I'm planning a multi-leg trip next year: taking the Coast Starlight, but getting off for a few nights in several cities along the way: San Luis Obispo, Portland, San Francisco, Monterey.

I figure it would be fastest to book through the online system, but is it better to call in and speak with an agent? Would that be easier or have benefits I'm not aware of?

Thanks!


----------



## ChuckL (Oct 8, 2017)

Michelle said:


> I'm planning a multi-leg trip next year: taking the Coast Starlight, but getting off for a few nights in several cities along the way: San Luis Obispo, Portland, San Francisco, Monterey.
> 
> I figure it would be fastest to book through the online system, but is it better to call in and speak with an agent? Would that be easier or have benefits I'm not aware of?
> 
> Thanks!


Be aware that if you book with an agent, you won't be able to view or modify your reservation either with the Amtrak website or the mobile app. The agent will still provide you with an email and E Ticket which you can print out or save as a PDF on your phone, so if not having the online isn't important to you, I'd probably go with the agent doing the booking for your more complex trip. I did with the same type of circumstances as you. 

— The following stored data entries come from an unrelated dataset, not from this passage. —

-- ===== src/Resolution/Api/Pages.antt =====
-- handler.go, listMismatches: how the pages follow one another.
use reconx.Base.{
  ℕ, String, Bool, true, false, ◌&&◌, ◌||◌, ◌≡◌, sym, ◌≢◌, ◌⊎◌, ap, ◌∙◌, subst, some, List, map,
  arith, ◌==◌, ==-false, take, drop, last?, select, Bool-cases, Option-cases, inl, inr, All-take,
  select-All, All-last,
}
use reconx.Base.Cursor.{
  IsLinear, select-both, select-sort, IsDistinct, select-IsDistinct, sort-IsDistinct,
  by_text-IsPreorder, after_page,
}
use reconx.Base.Exec.{ok}
use reconx.Base.Int.{ℤ}
use reconx.Base.Order.{sort, sort-IsSorted, All-sort}
use reconx.Resolution.Tables.{ReconState, Database, Env}
use reconx.Resolution.Queries.States.{state_key}
use reconx.Resolution.Queries.Retries.{page_size_of}
use reconx.Resolution.Queries.Mismatches.{MismatchedRow, listed, by_ref, row_key}
use reconx.Resolution.Api.{Page, token_of, mismatches_handler}
use reconx.Resolution.Api.Slices.{rows_after, list_mismatched-row_key, handler_rows, token-map}

later_true : (m t f : Bool) → t ≡ true → (m && (false || true) && f) ≡ ((m && t && f) && true)
later_true m t f e = ground arith

later_false : (m t f : Bool) → (m && (false || false) && f) ≡ ((m && t && f) && false)
later_false m t f = ground arith

middle_true : (m t f : Bool) → (m && t && f) ≡ true → t ≡ true
middle_true m t f e = ground arith

module _ (env : Env) (linear : IsLinear env.text_ltb) (db : Database)
    (distinct : IsDistinct state_key db.recon_state) (source_filter : String) where
  -- A row after the last one of a page is a row after the page's cursor.
  listed_after :
      (page_token : String) (s x : ReconState)
      → s.transaction_ref ≢ ""
      → listed env db.match_details page_token source_filter s ≡ true
      → listed env db.match_details s.transaction_ref source_filter x ≡ (
          listed env db.match_details page_token source_filter x
          && env.text_ltb s.transaction_ref x.transaction_ref)
  listed_after page_token s x ne h =
      elim (Bool-cases (env.text_ltb s.transaction_ref x.transaction_ref)) [
        | inr e ↦ rw (==-false s.transaction_ref "" ne, e) (later_false _ _ _)
        | inl e ↦
            rw (==-false s.transaction_ref "" ne, e)
              (later_true _ _ _ (after (Bool-cases (page_token == "")) e (middle_true _ _ _ h)))
      ]
    where
      after :
          ((page_token == "") ≡ true) ⊎ ((page_token == "") ≡ false)
          → env.text_ltb s.transaction_ref x.transaction_ref ≡ true
          → (page_token == "" || env.text_ltb page_token s.transaction_ref) ≡ true
          → (page_token == "" || env.text_ltb page_token x.transaction_ref) ≡ true
      after (inl b) e t = rw b
      after (inr b) e t =
          rw b (linear.trans page_token s.transaction_ref x.transaction_ref (rw b at t) e)

  rows_after_page :
      (page_token : String) (n : ℕ) (s : ReconState)
      → s.transaction_ref ≢ ""
      → last? (take n (rows_after env db page_token source_filter)) ≡ some s
      → rows_after env db s.transaction_ref source_filter
        ≡ drop n (rows_after env db page_token source_filter)
  rows_after_page page_token n s ne e =
      let p : ReconState → Bool = listed env db.match_details page_token source_filter in
      let q : ReconState → Bool = λ x. env.text_ltb s.transaction_ref x.transaction_ref in
      let order = by_text-IsPreorder state_key linear in
      let chosen : List ReconState = select p db.recon_state in
      let is_listed : p s ≡ true =
        All-last (λ x. p x ≡ true) (take n (sort (by_ref env) chosen)) s e
          (All-take (λ x. p x ≡ true) n (sort (by_ref env) chosen)
            (All-sort (by_ref env) (λ x. p x ≡ true) chosen (select-All p db.recon_state))) in
      ap (sort (by_ref env)) (
        select-both p q (listed env db.match_details s.transaction_ref source_filter) db.recon_state
          (λ x. listed_after page_token s x ne is_listed))
      ∙ sym (select-sort order q chosen)
      ∙ after_page state_key linear n (sort (by_ref env) chosen) s (sort-IsSorted order chosen)
          (sort-IsDistinct state_key (by_ref env) chosen
            (select-IsDistinct state_key p db.recon_state distinct))
          e

  -- What follows a cursor that is the reference of the last row of a slice is what follows the slice.
  pub next_rows :
      (t : String) (n : ℕ) (c : String)
      → c ≡ token_of state_key (last? (take n (rows_after env db t source_filter)))
      → c ≢ ""
      → rows_after env db c source_filter ≡ drop n (rows_after env db t source_filter)
  next_rows t n c same filled =
      elim (Option-cases (last? (take n (rows_after env db t source_filter)))) [
        | inl e ↦ absurd (filled (same ∙ rw e))
        | inr (s, e) ↦
            let is_ref : c ≡ s.transaction_ref = same ∙ rw e in
            subst
              (λ k. rows_after env db k source_filter ≡ drop n (rows_after env db t source_filter))
              (sym is_ref) (rows_after_page t n s (λ b. filled (is_ref ∙ b)) e)
      ]

  -- A page holds the references of the first rows after its cursor, and leads on from the last of
  -- them.
  pub page_refs :
      (page_size : ℤ) (page_token : String) (page : Page MismatchedRow)
      → (mismatches_handler env page_size page_token source_filter db).0 ≡ ok page
      → (map row_key page.entries
          ≡ map state_key
              (take (page_size_of 20 100 page_size) (rows_after env db page_token source_filter)))
        × (page.next_page_token
            ≡ token_of state_key (
                last? (
                  take
                    (page_size_of 20 100 page_size)
                    (rows_after env db page_token source_filter))))
  page_refs page_size page_token page e =
      let states : List ReconState =
        take (page_size_of 20 100 page_size) (rows_after env db page_token source_filter) in
      let (rows, r, is_page) = handler_rows env page_size page_token source_filter db page e in
      let refs : map row_key rows ≡ map state_key states =
        list_mismatched-row_key env page_size page_token source_filter db r in
      (
        ap (λ (p : Page MismatchedRow). map row_key p.entries) is_page ∙ refs,
        ap (λ (p : Page MismatchedRow). p.next_page_token) is_page
            ∙ token-map row_key rows
            ∙ ap (λ ks. token_of (λ k. k) (last? ks)) refs
            ∙ sym (token-map state_key states),
      )

  -- Two pages of the list, the second asked for with the cursor of the first, hold the references of
  -- two consecutive slices of the MISMATCHED transactions in the order of their references, each of
  -- the page's size: nothing is skipped and nothing comes twice. The references are distinct, and the
  -- database's order of texts is linear.
  mismatches_handler-pages :
      (page_size : ℤ) (page_token : String) (page next : Page MismatchedRow)
      → (mismatches_handler env page_size page_token source_filter db).0 ≡ ok page
      → (mismatches_handler env page_size page.next_page_token source_filter db).0 ≡ ok next
      → page.next_page_token ≢ ""
      → (map row_key page.entries
          ≡ map state_key
              (take (page_size_of 20 100 page_size) (rows_after env db page_token source_filter)))
        × (map row_key next.entries
            ≡ map state_key (
                take (page_size_of 20 100 page_size) (
                  drop
                    (page_size_of 20 100 page_size)
                    (rows_after env db page_token source_filter))))
  mismatches_handler-pages page_size page_token page next e1 e2 ne =
      let n = page_size_of 20 100 page_size in
      let (refs, cursor) = page_refs page_size page_token page e1 in
      let (later, _) = page_refs page_size page.next_page_token next e2 in
      (
        refs,
        later
            ∙ ap (λ t. map state_key (take n t))
                (next_rows page_token n page.next_page_token cursor ne),
      )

Sent from my iPhone using Amtrak Forum


----------



## pennyk (Oct 8, 2017)

I always book complex trips with an agent. If you are interested in choosing your sleeper room, you may be able to do so with an agent and not on-line.


----------



## RSG (Oct 8, 2017)

Given the fact that the WWW interface is experiencing issues with the redesign, I would advise calling and speaking with an agent until the bugs are worked out.

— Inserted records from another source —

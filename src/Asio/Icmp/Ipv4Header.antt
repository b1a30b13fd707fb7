-- ===== src/Asio/Icmp/Ipv4Header.antt =====
-- doc_searcher/data/input/html/boost_asio/example/icmp/ipv4_header.hpp: an IPv4 header read from a
-- stream. `n >> 4` is `n / 16`, a mask of low bits is a remainder, `n & 0x40` is the bit of weight
-- 64.
use boost.Prelude.{
  ◌+◌, ◌-◌, ◌*◌, ◌/◌, ◌%◌, ◌^◌, ℕ, Bool, true, ◌||◌, [], ◌∷◌, ◌++◌, ◌==◌, ltb, if◌then◌else◌, Bytes,
  length, take, drop,
}

-- `std::istream`: the bytes ahead and `failbit`.
pub record Stream : Type 0 where
  pub ahead : Bytes
  pub failed : Bool

-- `is.read(p, n)`: nothing on a failed stream; too few bytes are taken and fail.
unfoldable pub read : Stream → ℕ → Bytes × Stream
read is n =
    if is.failed
    then ([], is)
    else (take n is.ahead, record { ahead = drop n is.ahead; failed = ltb (length is.ahead) n })

-- The byte of `rep_` at a place; `rep_` was filled with zeros.
abbrev pub byte : Bytes → ℕ → ℕ
byte [] i = 0
byte (c ∷ rep) i = if i == 0 then c else byte rep (i - 1)

unfoldable pub version : Bytes → ℕ
version rep = byte rep 0 / 16 % 16

unfoldable pub header_length : Bytes → ℕ
header_length rep = byte rep 0 % 16 * 4

unfoldable pub type_of_service : Bytes → ℕ
type_of_service rep = byte rep 1

unfoldable pub total_length : Bytes → ℕ
total_length rep = (byte rep 2 * 256 + byte rep 3) % 2 ^ 16

unfoldable pub identification : Bytes → ℕ
identification rep = (byte rep 4 * 256 + byte rep 5) % 2 ^ 16

unfoldable pub dont_fragment : Bytes → Bool
dont_fragment rep = byte rep 6 / 64 % 2 == 1

unfoldable pub more_fragments : Bytes → Bool
more_fragments rep = byte rep 6 / 32 % 2 == 1

unfoldable pub fragment_offset : Bytes → ℕ
fragment_offset rep = (byte rep 6 * 256 + byte rep 7) % 2 ^ 13

unfoldable pub time_to_live : Bytes → ℕ
time_to_live rep = byte rep 8

unfoldable pub protocol : Bytes → ℕ
protocol rep = byte rep 9

unfoldable pub header_checksum : Bytes → ℕ
header_checksum rep = (byte rep 10 * 256 + byte rep 11) % 2 ^ 16

-- The four bytes of an address.
unfoldable pub source_address : Bytes → Bytes
source_address rep = byte rep 12 ∷ byte rep 13 ∷ byte rep 14 ∷ byte rep 15 ∷ []

unfoldable pub destination_address : Bytes → Bytes
destination_address rep = byte rep 16 ∷ byte rep 17 ∷ byte rep 18 ∷ byte rep 19 ∷ []

-- `operator>>` into a new header: the bytes of `rep_` that were written, and the stream.
unfoldable pub extract : Stream → Bytes × Stream
unfolding read version header_length
extract is =
    let (rep, behind) = read is 20 in
    let checked = if version rep == 4 then behind else record behind { failed = true } in
    if ltb (header_length rep) 20 || ltb 60 (header_length rep)
    then (rep, record checked { failed = true })
    else let (options, end) = read checked (header_length rep - 20) in (rep ++ options, end)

Aside from that, as pennyk notes, completing a complex booking is best done with agent assistance. If you deal with an experienced agent, they will often catch details or issues which you may not have seen or thought about. They will repeat the details and confirm them with you, which can be helpful in making sure that you are traveling on the dates you wish to. Rail travel is a bit unique in that because it often spans calendar days, it's easy to become confused about the arrival dates of trains when it involves multiple cities or legs. Having someone to work through it with helps to ensure that you are making the stops you wish to make on the days you wish to make them.


----------



## DoB (Oct 8, 2017)

Whether online or by phone, I'd suggest making a separate reservation for each leg (except for stopovers shorter than a day). There's no price advantage to multi-city tickets (unless a stopover is shorter than a day), and if your ticket isn't lifted in any leg, all subsequent legs on the same reservation will be canceled.

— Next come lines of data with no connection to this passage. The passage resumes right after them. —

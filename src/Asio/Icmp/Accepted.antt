-- ===== src/Asio/Icmp/Accepted.antt =====
-- Which streams an IPv4 header is extracted from.
use boost.Prelude.{
  ◌⊎◌, ◌+◌, ◌-◌, ◌/◌, ◌%◌, ◌≡◌, ◌≤◌, ◌<◌, refl, ap, ℕ, zero, suc, true, false, ◌||◌, [], ◌∷◌, ◌++◌,
  ◌==◌, ltb, Bytes, length, take, drop, length-drop, drop-drop, arith, Bool-cases, inl, inr,
}
use boost.Asio.Icmp.Ipv4Header.{Stream, read, byte, version, header_length, extract}

-- A header of version 4 stands in front, as long as it says, with at least 20 bytes.
pub record IsHeader (ahead : Bytes) : Type 0 where
  pub fourth : version ahead ≡ 4
  pub enough : 20 ≤ header_length ahead
  pub whole : header_length ahead ≤ length ahead

-- The first byte is that of any front.
pub byte-take : (n i : ℕ) (s : Bytes) → i < n → byte (take n s) i ≡ byte s i
byte-take zero i s h = absurd (omega arith)
byte-take (suc n) i [] h = refl
byte-take (suc n) zero (c ∷ s) h = refl
byte-take (suc n) (suc i) (c ∷ s) h =
    let later = byte-take n i s (omega arith) in
    let next : (suc i == 0) ≡ false = ground arith in
    let same : suc i - 1 ≡ i = omega arith in rw (next, same) later

take_nil : (m : ℕ) → take {A = ℕ} m [] ≡ []
take_nil zero = refl
take_nil (suc m) = refl

take-append-take : (n m : ℕ) (s : Bytes) → take n s ++ take m (drop n s) ≡ take (n + m) s
take-append-take zero m s = ap (λ k. take k s) (omega arith)
take-append-take (suc n) m [] =
    let sum : suc n + m ≡ suc (n + m) = omega arith in rw (sum, take_nil m)
take-append-take (suc n) m (c ∷ s) =
    let sum : suc n + m ≡ suc (n + m) = omega arith in rw sum (ap (◌∷◌ c) (take-append-take n m s))

-- Extraction from a stream that has not failed.
pub extract_good :
    (s : Bytes)
    → IsHeader s
    → extract (record { ahead = s; failed = false })
      ≡ (take (header_length s) s, record { ahead = drop (header_length s) s; failed = false })
unfolding extract read version header_length
extract_good s good =
    let front = byte-take 20 0 s (omega arith) in
    let left = length-drop {A = ℕ} 20 s in
    let enough = good.enough in
    let whole = good.whole in
    let few : ltb (length s) 20 ≡ false = ground arith in
    let fourth : (byte s 0 / 16 % 16 == 4) ≡ true = ground (arith, good.fourth) in
    let fits : (ltb (header_length s) 20 || ltb 60 (header_length s)) ≡ false = ground arith in
    let options : ltb (length (drop 20 s)) (header_length s - 20) ≡ false = ground arith in
    let sum : 20 + (header_length s - 20) ≡ header_length s = omega arith in
    rw
      (
        front,
        fourth,
        fits,
        few,
        options,
        take-append-take 20 (header_length s - 20) s,
        drop-drop (header_length s - 20) 20 s,
        sum,
      )
      refl

pub extract_bad :
    (is : Stream) → (extract is).1.failed ≡ false → (is.failed ≡ false) × IsHeader is.ahead
unfolding extract read version header_length
extract_bad is h =
    let front = byte-take 20 0 is.ahead (omega arith) in
    let left = length-drop {A = ℕ} 20 is.ahead in ground arith

-- The extraction of an IPv4 header from a stream that has not failed either finds a header of
-- version 4, with at least 20 bytes and no more than the stream has, and then takes exactly that
-- header; or it finds none, and then the stream has failed.
pub extract_cases :
    (s : Bytes)
    → (IsHeader s
        × (extract (record { ahead = s; failed = false }) ≡ (
          take (header_length s) s,
          record { ahead = drop (header_length s) s; failed = false },
        )))
      ⊎ ((¬ IsHeader s) × ((extract (record { ahead = s; failed = false })).1.failed ≡ true))
extract_cases s = elim (Bool-cases (extract (record { ahead = s; failed = false })).1.failed) [
  | inl bad ↦ inr (λ front. cc (ap (λ r. r.1.failed) (extract_good s front), bad), bad)
  | inr fine ↦
      let front = (extract_bad (record { ahead = s; failed = false }) fine).1 in
      inl (front, extract_good s front)
]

As for online vs. phoned, I always prefer booking my tickets online when possible - it's easier to look up my reservation online (and make changes if necessary), and I can verify that I have the details correct before booking. But there's a lot only a human agent can do, such as reserving a specific room and applying a coupon.


----------



## SarahZ (Oct 8, 2017)

I prefer to speak to an agent, mostly so I can choose my room(s).


----------



## Devil's Advocate (Oct 8, 2017)

When I purchase day trips in coach I book online to save time. When I ride in a sleeper overnight I book over the phone for greater flexibility. This is mainly due to the fact that sleeper selections can only be done over the phone and calling to make changes after you've purchased your tickets online is likely to result in the agent trying to charge you extra. Coach options are basically nonexistent on Amtrak, so there's no penalty to booking online. I don't consider four stops on the same route to be a complicated trip so if i was riding coach I'd book this online to speed up the process.


----------



## Dakota 400 (Oct 8, 2017)

I also prefer to book directly with an agent. I use the online resources for sleeper accommodation availability and fare information. But, I have been more satisfied working with an Amtrak agent than making the booking solely online.


----------



## the_traveler (Oct 8, 2017)

Even though you cant see your phone made reservations online, the agent sends you an email with the e-ticket. What I do is made a new folder in my email called Amtrak eTickets and transfer it there! Then all my e-tickets are all in 1 place.


----------



## bmjhagen9426 (Oct 8, 2017)

ChuckL said:


> Michelle said:
> 
> 
> > I'm planning a multi-leg trip next year: taking the Coast Starlight, but getting off for a few nights in several cities along the way: San Luis Obispo, Portland, San Francisco, Monterey.
> ...


I was able to lookup my agent booking info online.


----------



## ChuckL (Oct 8, 2017)

bmjhagen9426 said:


> ChuckL said:
> 
> 
> > Michelle said:
> ...


How? It hadn't been working from either the website or phone apps under Find Trips and putting in your reservation number

Sent from my iPhone using Amtrak Forum


----------



## bmjhagen9426 (Oct 8, 2017)

ChuckL said:


> bmjhagen9426 said:
> 
> 
> > ChuckL said:
> ...


I did it prior to the website upgrade (about two or three months ago).


----------



## me_little_me (Oct 8, 2017)

If you call, do so in the LATE evening when agents are less busy and they have time to help you better.


----------



## Lonestar648 (Oct 30, 2017)

When the agent did my multi-city trip this past summer it came up on my iPhone APP with the bar codes for the Conductor to scan.


----------